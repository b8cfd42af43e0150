-- ===== src/Api/Hex.antt =====
-- Encoded bytes in parameters: `decode_hex_field`, `hex_nibble` and `decode_formatted_bytes` of
-- crates/http-api/src/support.rs. Base64 is a parameter.
use explorer_backend.Base.{
  ==_iff, All, Bool, Bool-cases, List, Option, Text, [], any, ap, arith, codes, if◌then◌else◌, inl,
  inr, leb, length, lowercase, ltb, map, none, refl, some, subst, text_beq, to_ascii_lowercase,
  trim, ℕ, ◌%◌, ◌&&◌, ◌*◌, ◌++◌, ◌+◌, ◌-◌, ◌/◌, ◌<◌, ◌==◌, ◌↔◌, ◌∙◌, ◌∷◌, ◌≡◌, nat_eq,
}
use explorer_backend.Api.{
  Answer, bad, not_base16, not_base64, odd_hex, ok, strip_prefix, unsupported_format,
  unsupported_plain, ◌>>=◌,
}

-- The bytes of a code point in UTF-8.
abbrev utf8_char : ℕ → List ℕ
utf8_char c =
    if ltb c 0x80
    then c ∷ []
    else if ltb c 0x800
    then (0xc0 + c / 0x40) ∷ (0x80 + c % 0x40) ∷ []
    else if ltb c 0x10000
    then (0xe0 + c / 0x1000) ∷ (0x80 + c / 0x40 % 0x40) ∷ (0x80 + c % 0x40) ∷ []
    else (0xf0 + c / 0x40000)
      ∷ (0x80 + c / 0x1000 % 0x40)
      ∷ (0x80 + c / 0x40 % 0x40)
      ∷ (0x80 + c % 0x40)
      ∷ []

unfoldable pub as_bytes : Text → List ℕ
as_bytes [] = []
as_bytes (c ∷ s) = utf8_char c ++ as_bytes s

unfoldable pub hex_nibble : ℕ → Text → Answer ℕ
hex_nibble value field =
    if leb b'0' value && leb value b'9'
    then ok (value - b'0')
    else if leb b'a' value && leb value b'f'
    then ok (value - b'a' + 10)
    else if leb b'A' value && leb value b'F'
    then ok (value - b'A' + 10)
    else bad (not_base16 field)

-- The chunks of two bytes; both nibbles are below 16.
unfoldable pub decode_chunks : List ℕ → Text → Answer (List ℕ)
decode_chunks [] field = ok []
decode_chunks (a ∷ []) field = ok []
decode_chunks (a ∷ b ∷ rest) field = do
  hi ← hex_nibble a field
  lo ← hex_nibble b field
  bytes ← decode_chunks rest field
  ok ((hi * 16 + lo) ∷ bytes)

abbrev or_else : Option Text → Option Text → Option Text
or_else none t = t
or_else (some s) t = some s

abbrev unwrap_or : Text → Option Text → Text
unwrap_or s none = s
unwrap_or s (some t) = t

unfoldable pub without_prefix : Text → Text
unfolding strip_prefix
without_prefix value =
    unwrap_or (trim value)
      (or_else (strip_prefix (codes "0x") (trim value)) (strip_prefix (codes "0X") (trim value)))

unfoldable pub decode_hex_field : Text → Text → Answer (List ℕ)
decode_hex_field value field =
    let bytes = as_bytes (without_prefix value) in
    if length bytes % 2 == 0 then decode_chunks bytes field else bad (odd_hex field)

-- Lower-case hexadecimal digits, two for each byte.
abbrev pub hex_char : ℕ → ℕ
hex_char n = if ltb n 10 then b'0' + n else b'a' + (n - 10)

abbrev pub hex_of : List ℕ → Text
hex_of [] = []
hex_of (b ∷ bs) = hex_char (b / 16) ∷ hex_char (b % 16) ∷ hex_of bs

hex_nibble-lower :
    (c n : ℕ) (field : Text)
    → hex_nibble c field ≡ ok n
    → (n < 16) × (to_ascii_lowercase c ≡ hex_char n)
unfolding hex_nibble to_ascii_lowercase
hex_nibble-lower c n field e = ground arith

lower-hex_nibble :
    (c n : ℕ) (field : Text)
    → n < 16
    → to_ascii_lowercase c ≡ hex_char n
    → hex_nibble c field ≡ ok n
unfolding hex_nibble to_ascii_lowercase
lower-hex_nibble c n field small e = ground arith

abbrev pub Bytes : List ℕ → Type 0
Bytes bs = All (λ b. b < 256) bs

-- The parts of a decoded chunk.
record Chunk (a b : ℕ) (rest : List ℕ) (field : Text) (bs : List ℕ) : Type 0 where
  hi : ℕ
  lo : ℕ
  tail : List ℕ
  hi_read : hex_nibble a field ≡ ok hi
  lo_read : hex_nibble b field ≡ ok lo
  tail_read : decode_chunks rest field ≡ ok tail
  whole : (hi * 16 + lo) ∷ tail ≡ bs

decode_chunks-Chunk :
    (a b : ℕ) (rest : List ℕ) (field : Text) (bs : List ℕ) (h l : Answer ℕ) (t : Answer (List ℕ))
    → hex_nibble a field ≡ h
    → hex_nibble b field ≡ l
    → decode_chunks rest field ≡ t
    → ((h >>= λ hi. l >>= λ lo. t >>= λ bytes. ok ((hi * 16 + lo) ∷ bytes)) ≡ ok bs)
    → Chunk a b rest field bs
decode_chunks-Chunk a b rest field bs (ok hi) (ok lo) (ok tail) eh el et e = record {
  hi = hi;
  lo = lo;
  tail = tail;
  hi_read = eh;
  lo_read = el;
  tail_read = et;
  whole = cc e;
}
decode_chunks-Chunk a b rest field bs (bad why) l t eh el et e = absurd (cc e)
decode_chunks-Chunk a b rest field bs (ok hi) (bad why) t eh el et e = absurd (cc e)
decode_chunks-Chunk a b rest field bs (ok hi) (ok lo) (bad why) eh el et e = absurd (cc e)

abbrev Encodes : List ℕ → List ℕ → Type 0
Encodes s bs = Bytes bs × (map to_ascii_lowercase s ≡ hex_of bs)

byte_parts : (hi lo : ℕ) → lo < 16 → ((hi * 16 + lo) / 16 ≡ hi) × ((hi * 16 + lo) % 16 ≡ lo)
byte_parts hi lo h = omega arith

cons_hex :
    (a b hi lo : ℕ) (s tail : List ℕ)
    → (hi < 16) × (to_ascii_lowercase a ≡ hex_char hi)
    → (lo < 16) × (to_ascii_lowercase b ≡ hex_char lo)
    → Encodes s tail
    → Encodes (a ∷ b ∷ s) ((hi * 16 + lo) ∷ tail)
cons_hex a b hi lo s tail (h, eh) (l, el) (bytes, e) = (
  (omega arith, bytes),
  rw ((byte_parts hi lo l).0, (byte_parts hi lo l).1)
      (ap (λ c. c ∷ to_ascii_lowercase b ∷ map to_ascii_lowercase s) eh
        ∙ ap (λ c. hex_char hi ∷ c ∷ map to_ascii_lowercase s) el
        ∙ ap (λ xs. hex_char hi ∷ hex_char lo ∷ xs) e),
)

decode_chunks_sound :
    (s : List ℕ) (field : Text) (bs : List ℕ)
    → length s % 2 ≡ 0
    → decode_chunks s field ≡ ok bs
    → Encodes s bs
unfolding decode_chunks
decode_chunks_sound [] field bs even e =
    let same : [] ≡ bs = cc e in subst (λ xs. Encodes [] xs) same (tt, refl)
decode_chunks_sound (a ∷ []) field bs even e = absurd (omega arith)
decode_chunks_sound (a ∷ b ∷ s) field bs even e =
    let c = decode_chunks-Chunk a b s field bs _ _ _ refl refl refl e in
    subst (λ xs. Encodes (a ∷ b ∷ s) xs) c.whole
      (cons_hex a b c.hi c.lo s c.tail (hex_nibble-lower a c.hi field c.hi_read)
        (hex_nibble-lower b c.lo field c.lo_read)
        (decode_chunks_sound s field c.tail (omega arith) c.tail_read))

decode_chunks_complete :
    (bs s : List ℕ) (field : Text)
    → Encodes s bs
    → (decode_chunks s field ≡ ok bs) × (length s % 2 ≡ 0)
unfolding decode_chunks
decode_chunks_complete [] [] field (bytes, e) = (refl, refl)
decode_chunks_complete [] (a ∷ s) field (bytes, e) = absurd (cc e)
decode_chunks_complete (x ∷ bs) [] field (bytes, e) = absurd (cc e)
decode_chunks_complete (x ∷ bs) (a ∷ []) field (bytes, e) = absurd (cc e)
decode_chunks_complete (x ∷ bs) (a ∷ b ∷ s) field ((byte, bytes), e) =
    let (done, even) = decode_chunks_complete bs s field (bytes, cc e) in
    (
      rw
          (
            lower-hex_nibble a (x / 16) field (omega arith) (cc e),
            lower-hex_nibble b (x % 16) field (omega arith) (cc e),
            done,
          )
          (ap (λ n. ok (n ∷ bs)) (whole x)),
      omega (arith, even),
    )
  where
    whole : (n : ℕ) → n / 16 * 16 + n % 16 ≡ n
    whole n = omega arith

-- A parameter is decoded to some bytes exactly if its text, trimmed and without a 0x before it, is
-- their hexadecimal digits in upper or lower case; so every byte string has its texts, and no text
-- has two.
pub decode_hex_field_iff :
    (value field : Text) (bs : List ℕ)
    → (decode_hex_field value field ≡ ok bs)
      ↔ (Bytes bs × (map to_ascii_lowercase (as_bytes (without_prefix value)) ≡ hex_of bs))
unfolding decode_hex_field
decode_hex_field_iff value field bs = (
  λ e. elim (Bool-cases (length (as_bytes (without_prefix value)) % 2 == 0)) [
    | inl even ↦
        decode_chunks_sound (as_bytes (without_prefix value)) field bs ((==_iff _ _).0 even)
          (rw even at e)
    | inr odd ↦ absurd (cc (rw odd at e))
  ],
  λ h.
      let (done, even) = decode_chunks_complete bs (as_bytes (without_prefix value)) field h in
      rw even done,
)

-- Base64 decoding of a trimmed text, or why it is refused.
module _ (decode_base64 : Text → Option (List ℕ)) where
  abbrev or_not_base64 : Text → Option (List ℕ) → Answer (List ℕ)
  or_not_base64 field none = bad (not_base64 field)
  or_not_base64 field (some bytes) = ok bytes

  abbrev one_of : List Text → Text → Bool
  one_of names s = any (λ name. text_beq s name) names

  unfoldable pub decode_formatted_bytes : Text → Option Text → Text → Bool → Answer (List ℕ)
  decode_formatted_bytes value format field allow_plain =
      let kind = lowercase (trim (unwrap_or (codes "Plain") format)) in
      if one_of (codes "0" ∷ codes "plain" ∷ []) kind
      then (if allow_plain then ok (as_bytes value) else bad (unsupported_plain field))
      else if one_of (codes "1" ∷ codes "base16" ∷ codes "hex" ∷ []) kind
      then decode_hex_field value field
      else if one_of (codes "2" ∷ codes "base64" ∷ []) kind
      then or_not_base64 field (decode_base64 (trim value))
      else bad (unsupported_format field kind)

unfoldable pub is_ed25519_signature_kind : Text → Bool
is_ed25519_signature_kind value =
    let kind = lowercase (trim value) in
    any (λ name. text_beq kind name) (codes "1" ∷ codes "ed25519" ∷ [])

· · · · ·

▶ **INSTRUCTIONS TO FOLLOW**:
Reproduce, character for character, only the lines of the preceding data that start at the line with "-- Base64 decoding" and end at the line with "else bad (unsupported_format", both included.

▶ **RESPONSE AREA**:
-- Base64 decoding of a trimmed text, or why it is refused.
module _ (decode_base64 : Text → Option (List ℕ)) where
  abbrev or_not_base64 : Text → Option (List ℕ) → Answer (List ℕ)
  or_not_base64 field none = bad (not_base64 field)
  or_not_base64 field (some bytes) = ok bytes

  abbrev one_of : List Text → Text → Bool
  one_of names s = any (λ name. text_beq s name) names

  unfoldable pub decode_formatted_bytes : Text → Option Text → Text → Bool → Answer (List ℕ)
  decode_formatted_bytes value format field allow_plain =
      let kind = lowercase (trim (unwrap_or (codes "Plain") format)) in
      if one_of (codes "0" ∷ codes "plain" ∷ []) kind
      then (if allow_plain then ok (as_bytes value) else bad (unsupported_plain field))
      else if one_of (codes "1" ∷ codes "base16" ∷ codes "hex" ∷ []) kind
      then decode_hex_field value field
      else if one_of (codes "2" ∷ codes "base64" ∷ []) kind
      then or_not_base64 field (decode_base64 (trim value))
      else bad (unsupported_format field kind)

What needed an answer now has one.